Brief
The response must consist of the lines below from the one with "add_unseen : List ℕ → List ℕ → List ℕ" through the one with "unfolding as_subject as_object add_unseen", exactly as they appear and with both ends kept.

Stored items:
▬▬▬▬▬▬
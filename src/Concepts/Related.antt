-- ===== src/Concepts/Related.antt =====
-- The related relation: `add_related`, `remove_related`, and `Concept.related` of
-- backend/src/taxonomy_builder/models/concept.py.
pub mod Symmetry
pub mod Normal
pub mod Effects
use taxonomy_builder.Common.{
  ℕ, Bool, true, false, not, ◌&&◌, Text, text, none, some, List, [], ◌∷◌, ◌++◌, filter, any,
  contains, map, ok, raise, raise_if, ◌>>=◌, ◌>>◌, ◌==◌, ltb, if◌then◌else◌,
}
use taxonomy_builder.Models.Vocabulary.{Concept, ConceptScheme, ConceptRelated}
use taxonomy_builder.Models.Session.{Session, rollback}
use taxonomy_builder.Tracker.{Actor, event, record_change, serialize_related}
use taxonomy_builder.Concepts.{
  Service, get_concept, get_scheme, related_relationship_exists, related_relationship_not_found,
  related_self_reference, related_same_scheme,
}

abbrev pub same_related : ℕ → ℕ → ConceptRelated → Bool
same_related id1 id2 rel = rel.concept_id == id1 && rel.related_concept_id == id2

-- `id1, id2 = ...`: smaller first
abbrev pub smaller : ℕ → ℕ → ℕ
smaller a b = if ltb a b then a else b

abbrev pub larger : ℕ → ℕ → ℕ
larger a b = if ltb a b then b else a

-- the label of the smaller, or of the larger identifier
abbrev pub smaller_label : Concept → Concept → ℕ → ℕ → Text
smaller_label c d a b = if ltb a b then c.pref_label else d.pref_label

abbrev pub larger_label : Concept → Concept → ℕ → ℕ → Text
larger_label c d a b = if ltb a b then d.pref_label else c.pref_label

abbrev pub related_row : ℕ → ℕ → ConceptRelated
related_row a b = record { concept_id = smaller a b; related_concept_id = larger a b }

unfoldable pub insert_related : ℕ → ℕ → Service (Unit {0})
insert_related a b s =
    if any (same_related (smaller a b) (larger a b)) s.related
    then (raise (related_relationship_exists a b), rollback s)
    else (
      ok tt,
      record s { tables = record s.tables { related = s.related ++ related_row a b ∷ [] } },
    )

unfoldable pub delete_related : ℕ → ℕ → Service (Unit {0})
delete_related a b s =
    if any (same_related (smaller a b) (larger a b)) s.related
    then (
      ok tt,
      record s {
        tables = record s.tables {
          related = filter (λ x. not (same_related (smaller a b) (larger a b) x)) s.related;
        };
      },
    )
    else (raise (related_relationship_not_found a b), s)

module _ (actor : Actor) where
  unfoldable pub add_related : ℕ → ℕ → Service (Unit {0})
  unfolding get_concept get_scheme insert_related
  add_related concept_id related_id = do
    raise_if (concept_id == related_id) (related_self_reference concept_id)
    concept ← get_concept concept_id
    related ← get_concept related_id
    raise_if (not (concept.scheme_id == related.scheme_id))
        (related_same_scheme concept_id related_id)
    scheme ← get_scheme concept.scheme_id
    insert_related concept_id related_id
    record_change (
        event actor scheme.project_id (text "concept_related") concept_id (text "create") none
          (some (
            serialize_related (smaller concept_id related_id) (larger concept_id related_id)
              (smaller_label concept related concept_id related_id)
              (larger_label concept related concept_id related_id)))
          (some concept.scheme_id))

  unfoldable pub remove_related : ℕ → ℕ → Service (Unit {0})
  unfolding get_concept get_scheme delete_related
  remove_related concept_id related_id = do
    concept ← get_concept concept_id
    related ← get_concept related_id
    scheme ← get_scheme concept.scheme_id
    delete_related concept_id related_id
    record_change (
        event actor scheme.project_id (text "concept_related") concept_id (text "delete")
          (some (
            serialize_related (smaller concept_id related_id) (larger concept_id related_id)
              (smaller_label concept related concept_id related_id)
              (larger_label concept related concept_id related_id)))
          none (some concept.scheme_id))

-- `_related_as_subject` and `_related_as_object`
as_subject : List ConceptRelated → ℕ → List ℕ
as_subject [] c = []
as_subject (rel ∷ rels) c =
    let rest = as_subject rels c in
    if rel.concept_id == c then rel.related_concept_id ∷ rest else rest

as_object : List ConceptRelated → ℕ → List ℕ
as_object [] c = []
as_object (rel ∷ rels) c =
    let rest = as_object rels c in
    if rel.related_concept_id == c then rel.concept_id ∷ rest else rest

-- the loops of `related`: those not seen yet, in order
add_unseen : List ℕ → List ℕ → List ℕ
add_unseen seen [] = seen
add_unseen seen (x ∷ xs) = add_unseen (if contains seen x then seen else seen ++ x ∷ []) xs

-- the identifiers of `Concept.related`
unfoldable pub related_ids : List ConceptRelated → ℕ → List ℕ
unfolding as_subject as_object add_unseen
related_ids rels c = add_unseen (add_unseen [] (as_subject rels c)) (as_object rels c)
▬▬▬▬▬▬
Task result
add_unseen : List ℕ → List ℕ → List ℕ
add_unseen seen [] = seen
add_unseen seen (x ∷ xs) = add_unseen (if contains seen x then seen else seen ++ x ∷ []) xs

-- the identifiers of `Concept.related`
unfoldable pub related_ids : List ConceptRelated → ℕ → List ℕ
unfolding as_subject as_object add_unseen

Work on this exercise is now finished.